Snell's law, critical angle & refraction

  1. 1. The problem statement, all variables and given/known data
    Given a three layer model

    -------------------------------------------------
    [tex]v_1=1.5[/tex]km/s
    -------------------------------------------------
    [tex]v_2=1.3[/tex]km/s
    -------------------------------------------------
    [tex]v_3=2.0[/tex]km/s

    Assume a ray goes through layer 1 and hits the interface between layer 1 and layer 2. What is the critical angle?

    2. Relevant equations

    Snells law
    [tex]\frac{\sin \theta_1}{\sin \theta_2}=\frac{v_1}{v_2}[/tex]

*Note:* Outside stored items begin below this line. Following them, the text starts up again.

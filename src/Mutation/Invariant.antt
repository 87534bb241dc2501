-- ===== src/Mutation/Invariant.antt =====
-- A batch of mutations keeps the vault's database consistent.
use synch.Common.{
  ℕ, ◌+◌, ◌≡◌, refl, sym, ◌∙◌, subst, String, true, Option, none, some, List, [], ◌∷◌, arith,
  Result, ok, err, ◌>>=◌, >>=-eq-ok, ok_inj, is_some, inl, inr, Bool-cases, Option-cases, contains,
  trim, All, All-map,
}
use synch.Domain.EntryPolicy.{
  EntryVersionCaptureReason, EntryOp, blob_after, ApplyPlan, EntryMutationDecision, idempotent,
  stale_revision, apply, decide_entry_mutation, plan_mutation, upsert, delete,
}
use synch.Storage.Rows.{Database, EntryRow, CoordinatorState}
use synch.Storage.State.{save_commit, read_sync_pause, read_version_history_retention_days}
use synch.Storage.Entries.{read_entry}
use synch.Storage.Invariant.{IsConsistent}
use synch.Storage.Invariant.Backing.{AllBacked, IsBacked}
use synch.Storage.Invariant.Accounting.{IsCounted, total_size}
use synch.Storage.Invariant.Sequence.{IsSequenced, IsSequencedAt, IsSequencedAt-upsert}
use synch.Storage.Table.{All-upsert_where}
use synch.Mutation.{
  CommitContext, CommitMutationPayload, BatchState, SocketSession, truthy, blob_of, next_entry,
  read_cursor, next_base, apply_writes, check_next_blob, commit_apply, commit_again, decision_for,
  commit_checked, commit_decided, commit_one, commit_all, batch_start, save_next, finish_batch,
  CommitMutationsResult, push, rejected, CommitEnvironment, commit_transaction, context_for,
  commit_mutations,
}
use synch.Mutation.Cursor.{read_cursor_state}
use synch.Protocol.{IsParsed, parse_commit_payloads, parse_commit_payloads-IsParsed}
use synch.Mutation.Writes.{
  Checked, check_next_blob-Checked, IsNamed, IsRecorded, apply_writes_parts, entries_after,
  live_blobs, live_blobs-AllBacked, live_blobs-IsBacked, retired_blobs-AllBacked,
  total_size-live_blobs, total_size-retired_blobs,
}

-- While a batch runs its cursor is ahead of the stored one.
abbrev pub SequencedSoFar : Option ℕ → Option CoordinatorState → List EntryRow → Type 0
SequencedSoFar none state es = IsSequenced state es
SequencedSoFar (some c) state es = (is_some state ≡ true) × IsSequencedAt c es

pub record LoopInv (st : BatchState) : Type 0 where
  pub backed : AllBacked st.db.blobs st.db.entries
  pub counted : IsCounted st.db.state st.db.blobs
  pub sequenced : SequencedSoFar st.next_cursor st.db.state st.db.entries

pub IsCounted-of_total :
    (state : Option CoordinatorState) (xs ys : List _)
    → total_size ys ≡ total_size xs
    → IsCounted state xs
    → IsCounted state ys
IsCounted-of_total none xs ys e h = tt
IsCounted-of_total (some s) xs ys e h = omega (arith, e)

-- The cursor that a write goes on from is not behind any entry.
next_base_sequenced :
    (ctx : CommitContext) (o : Option ℕ) (db : Database) {c : ℕ}
    → next_base ctx o db ≡ ok c
    → SequencedSoFar o db.state db.entries
    → SequencedSoFar (some c) db.state db.entries
unfolding next_base
next_base_sequenced ctx none db {c} h q =
    let (s, e, f) = read_cursor_state ctx.session db {c = c} h in
    let q' : IsSequenced (some s) db.entries = subst (λ x. IsSequenced x db.entries) e q in
    (rw e, subst (λ k. IsSequencedAt k db.entries) f q')
next_base_sequenced ctx (some k) db {c} h q =
    (q.0, subst (λ x. IsSequencedAt x db.entries) (ground arith) q.1)

truthy_named : (o : Option String) → IsNamed o → truthy o ≡ o
truthy_named none v = refl
truthy_named (some b) v = rw v

module _ (ctx : CommitContext) (m : CommitMutationPayload) (id : String) (current : Option EntryRow)
    (plan : ApplyPlan) (named : IsNamed plan.next_blob_id) (db : Database) where
  -- The tables after an applied mutation, from the tables before it.
  writes_backed :
      (cursor n : ℕ)
      → IsRecorded db.blobs (truthy plan.next_blob_id)
      → AllBacked db.blobs db.entries
      → let w = (apply_writes ctx m id current plan cursor n db).0 in AllBacked w.blobs w.entries
  writes_backed cursor n r h =
      let new = next_entry ctx m id plan cursor in
      let (pe, pb, ps) = apply_writes_parts ctx m id current plan cursor n db in
      let r' : IsRecorded db.blobs plan.next_blob_id =
        subst (IsRecorded db.blobs) (truthy_named plan.next_blob_id named) r in
      rw (pe, pb)
        (retired_blobs-AllBacked ctx.now (blob_of current) plan.next_blob_id
          (entries_after new db.entries) (live_blobs plan.next_blob_id db.blobs)
          (All-upsert_where (λ e. IsBacked (live_blobs plan.next_blob_id db.blobs) e.blob_id) _ new
            _ db.entries (live_blobs-IsBacked plan.next_blob_id db.blobs named r')
            (λ x _ _. live_blobs-IsBacked plan.next_blob_id db.blobs named r')
            (live_blobs-AllBacked plan.next_blob_id db.blobs db.entries h)))

  writes-IsCounted :
      (cursor n : ℕ)
      → IsCounted db.state db.blobs
      → let w = (apply_writes ctx m id current plan cursor n db).0 in IsCounted w.state w.blobs
  writes-IsCounted cursor n h =
      let (pe, pb, ps) = apply_writes_parts ctx m id current plan cursor n db in
      rw (pb, ps)
        (IsCounted-of_total db.state db.blobs _
          (total_size-retired_blobs ctx.now (blob_of current) plan.next_blob_id _ _
            ∙ total_size-live_blobs plan.next_blob_id db.blobs)
          h)

  writes_sequenced :
      (base n : ℕ)
      → SequencedSoFar (some base) db.state db.entries
      → let w = (apply_writes ctx m id current plan (base + 1) n db).0 in
        SequencedSoFar (some (base + 1)) w.state w.entries
  writes_sequenced base n q =
      let (pe, pb, ps) = apply_writes_parts ctx m id current plan (base + 1) n db in
      rw (pe, ps)
        (
          q.0,
          IsSequencedAt-upsert base (next_entry ctx m id plan (base + 1)) (omega arith) db.entries
              q.1,
        )

  commit_apply-LoopInv :
      (st : BatchState) {st' : BatchState}
      → LoopInv st
      → Checked plan.next_blob_id st.db db
      → commit_apply ctx m id current plan st db ≡ ok st'
      → LoopInv st'
  unfolding commit_apply
  commit_apply-LoopInv st {st'} inv k h =
      let (base, eb, es) = >>=-eq-ok (next_base ctx st.next_cursor db) _ {b = st'} h in
      let same : _ ≡ st' = ok_inj es in
      let backed₀ : AllBacked db.blobs db.entries =
        subst (AllBacked db.blobs) (sym k.same_entries) (k.backed inv.backed) in
      let counted₀ : IsCounted db.state db.blobs =
        subst (λ x. IsCounted x db.blobs) (sym k.same_state)
          (IsCounted-of_total st.db.state st.db.blobs db.blobs k.same_total inv.counted) in
      let sequenced₀ : SequencedSoFar st.next_cursor db.state db.entries =
        rw (k.same_state, k.same_entries) inv.sequenced in
      subst LoopInv same (record {
        backed = writes_backed (base + 1) st.uuids k.recorded backed₀;
        counted = writes-IsCounted (base + 1) st.uuids counted₀;
        sequenced =
            writes_sequenced base st.uuids
              (next_base_sequenced ctx st.next_cursor db {c = base} eb sequenced₀);
      })

-- The plan of a mutation names the payload's blob, or none.
plan-IsNamed :
    (ctx : CommitContext) (m : CommitMutationPayload) (id : String) (current : Option EntryRow)
    {plan : ApplyPlan}
    → IsNamed m.blob_id
    → decision_for ctx m id current ≡ apply plan
    → IsNamed plan.next_blob_id
unfolding decision_for decide_entry_mutation plan_mutation
plan-IsNamed ctx m id current {plan} v h =
    let same : blob_after m.op m.blob_id ≡ plan.next_blob_id = ground arith in
    subst IsNamed same (named_after m.op v)
  where
    named_after : (op : EntryOp) → IsNamed m.blob_id → IsNamed (blob_after op m.blob_id)
    named_after upsert n = n
    named_after delete n = tt

module _ (ctx : CommitContext) (m : CommitMutationPayload) (named : IsNamed m.blob_id) where
  commit_checked-LoopInv :
      (id : String) (current : Option EntryRow) (plan : ApplyPlan) (st : BatchState)
      {st' : BatchState}
      → IsNamed plan.next_blob_id
      → LoopInv st
      → commit_checked ctx m id current plan st ≡ ok st'
      → LoopInv st'
  unfolding commit_checked
  commit_checked-LoopInv id current plan st {st'} v inv h =
      go (check_next_blob ctx plan.next_blob_id st.db) refl h
    where
      go :
          (r : Result Database)
          → check_next_blob ctx plan.next_blob_id st.db ≡ r
          → ◌≡◌ {A = Result BatchState}
              (elim r [
                | err e ↦ ok (push (rejected id m.entry_id e) st)
                | ok db ↦ commit_apply ctx m id current plan st db
              ])
              (ok st')
          → LoopInv st'
      go (err e) p q =
          subst LoopInv (ok_inj q)
            (record { backed = inv.backed; counted = inv.counted; sequenced = inv.sequenced })
      go (ok db) p q =
          commit_apply-LoopInv ctx m id current plan v db st {st' = st'} inv
            (check_next_blob-Checked ctx plan.next_blob_id st.db db p) q

  commit_decided-LoopInv :
      (id : String) (current : Option EntryRow) (d : EntryMutationDecision) (st : BatchState)
      {st' : BatchState}
      → decision_for ctx m id current ≡ d
      → LoopInv st
      → commit_decided ctx m id current d st ≡ ok st'
      → LoopInv st'
  unfolding commit_decided commit_again
  commit_decided-LoopInv id none idempotent st e inv h = absurd (cc)
  commit_decided-LoopInv id (some c) idempotent st e inv h =
      subst LoopInv (ok_inj h)
        (record { backed = inv.backed; counted = inv.counted; sequenced = inv.sequenced })
  commit_decided-LoopInv id current (stale_revision x r) st e inv h =
      subst LoopInv (ok_inj h)
        (record { backed = inv.backed; counted = inv.counted; sequenced = inv.sequenced })
  commit_decided-LoopInv id current (apply plan) st {st'} e inv h =
      commit_checked-LoopInv id current plan st {st' = st'}
        (plan-IsNamed ctx m id current {plan = plan} named e) inv h

  -- One round of the loop keeps the invariant.
  pub commit_one-LoopInv :
      (st : BatchState) {st' : BatchState} → LoopInv st → commit_one ctx m st ≡ ok st' → LoopInv st'
  unfolding commit_one
  commit_one-LoopInv st {st'} inv h =
      elim (Bool-cases (contains st.seen_mutation_ids (trim m.mutation_id))) [
        | inl e ↦
            subst LoopInv (ok_inj (rw e at h))
              (record { backed = inv.backed; counted = inv.counted; sequenced = inv.sequenced })
        | inr e ↦
            commit_decided-LoopInv (trim m.mutation_id) (read_entry m.entry_id st.db) _ _
              {st' = st'} refl
              (record { backed = inv.backed; counted = inv.counted; sequenced = inv.sequenced })
              (rw e at h)
      ]

commit_all-LoopInv :
    (ctx : CommitContext) (ms : List CommitMutationPayload) (st : BatchState) {st' : BatchState}
    → All (λ m. IsNamed m.blob_id) ms
    → LoopInv st
    → commit_all ctx ms st ≡ ok st'
    → LoopInv st'
unfolding commit_all
commit_all-LoopInv ctx [] st v inv h = subst LoopInv (ok_inj h) inv
commit_all-LoopInv ctx (m ∷ ms) st {st'} v inv h =
    let (mid, first, rest) = >>=-eq-ok (commit_one ctx m st) _ {b = st'} h in
    commit_all-LoopInv ctx ms mid {st' = st'} v.1
      (commit_one-LoopInv ctx m v.0 st {st' = mid} inv first) rest

-- Saving the batch's cursor makes the database consistent again.
save_next-IsConsistent :
    (now : ℕ) (o : Option ℕ) (db : Database)
    → AllBacked db.blobs db.entries
    → IsCounted db.state db.blobs
    → SequencedSoFar o db.state db.entries
    → IsConsistent (save_next now o db)
unfolding save_next save_commit
save_next-IsConsistent now none db b c q = record { backed = b; counted = c; sequenced = q }
save_next-IsConsistent now (some k) db b c q = elim (Option-cases db.state) [
  | inl e ↦ absurd (ground arith)
  | inr (s, e) ↦ record { backed = b; counted = rw e (rw e at c); sequenced = rw e q.1 }
]

finish_batch-IsConsistent :
    (ctx : CommitContext) (st : BatchState) {r : CommitMutationsResult × Database}
    → LoopInv st
    → finish_batch ctx st ≡ ok r
    → IsConsistent r.1
unfolding finish_batch
finish_batch-IsConsistent ctx st {r} inv h =
    let saved = save_next ctx.now st.next_cursor st.db in
    let (c, ec, er) =
      >>=-eq-ok
        (elim st.highest_response_cursor [ none ↦ read_cursor ctx.session saved | some c ↦ ok c ]) _
        {b = r} h in
    subst (λ (x : CommitMutationsResult × Database). IsConsistent x.1) (ok_inj er)
      (save_next-IsConsistent ctx.now st.next_cursor st.db inv.backed inv.counted inv.sequenced)

commit_transaction-IsConsistent :
    (ctx : CommitContext) (ms : List CommitMutationPayload) (db : Database)
    {r : CommitMutationsResult × Database}
    → All (λ m. IsNamed m.blob_id) ms
    → IsConsistent db
    → commit_transaction ctx ms db ≡ ok r
    → IsConsistent r.1
unfolding commit_transaction
commit_transaction-IsConsistent ctx ms db {r} v inv h =
    elim (Bool-cases (is_some (read_sync_pause db))) [
      | inl e ↦ absurd (ground arith)
      | inr e ↦
          let h' : (commit_all ctx ms (batch_start db) >>= finish_batch ctx) ≡ ok r = rw e at h in
          let (st, el, ef) =
            >>=-eq-ok (commit_all ctx ms (batch_start db)) (finish_batch ctx) {b = r} h' in
          let start : LoopInv (batch_start db) = record {
            backed = inv.backed;
            counted = inv.counted;
            sequenced = inv.sequenced;
          } in
          finish_batch-IsConsistent ctx st {r = r}
            (commit_all-LoopInv ctx ms (batch_start db) {st' = st} v start el) ef
    ]

-- A batch of mutations that the schema let through leaves a consistent database consistent: each
-- current entry's blob is recorded as live, the storage counter is the sum of the recorded sizes, and
-- no two entries share a cursor or are ahead of the vault's.
pub commit_mutations-IsConsistent :
    (env : CommitEnvironment) (session : SocketSession) (forced : Option EntryVersionCaptureReason)
    (raws ms : List CommitMutationPayload) (db : Database) (r : CommitMutationsResult × Database)
    → parse_commit_payloads raws ≡ some ms
    → IsConsistent db
    → commit_mutations env session forced ms db ≡ ok r
    → IsConsistent r.1
unfolding commit_mutations
commit_mutations-IsConsistent env session forced raws ms db r p inv h =
    let named =
      All-map IsParsed (λ m. IsNamed m.blob_id) ms (λ m q. q.named)
        (parse_commit_payloads-IsParsed raws {ms = ms} p) in
    let (days, ed, et) = >>=-eq-ok (read_version_history_retention_days db) _ {b = r} h in
    commit_transaction-IsConsistent (context_for env session forced ms days) ms db {r = r} named inv
      et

    3. The attempt at a solution

    To find the critical angle, you normally take [tex]\sin \theta_c = \frac{v_1}{v_2}=\frac{1.5}{1.3}[/tex]. But in this case that means I have to take [tex]\sin^{-1}[/tex] of a value that is over 1! How do I solve this?
     
  2. jcsd
  3. rl.bhat

    rl.bhat 4,435
    Homework Helper

    Chegg
    According to Snell's law
    n1sin(θ1) = n2sin(θ2)

    If θ1 is θc, then θ2 = 90 degrees.

    So sin(θc) = n2/n1
     
  4. When I look up Snell's law on Wikipedia it says

    [tex]
    \frac{\sin \theta_1}{\sin \theta_2}=\frac{v_1}{v_2}=\frac{n_2}{n_1}
    [/tex]

    Why does the subscript change in the [tex]n_n[/tex] ? Isnt [tex]v_1=n_1[/tex] and [tex]v_2=n_2[/tex]?

    Thanks for answering
     
  5. rl.bhat

    rl.bhat 4,435
    Homework Helper

    According to the definition,
    refractive index n = c/v. where c is the velocity of light in vacuum and v is the velocity in the refracting medium.
    So v = c/n
    Or v1 = c/n1 and v2 = c/n2
    then v1/v2 = .....?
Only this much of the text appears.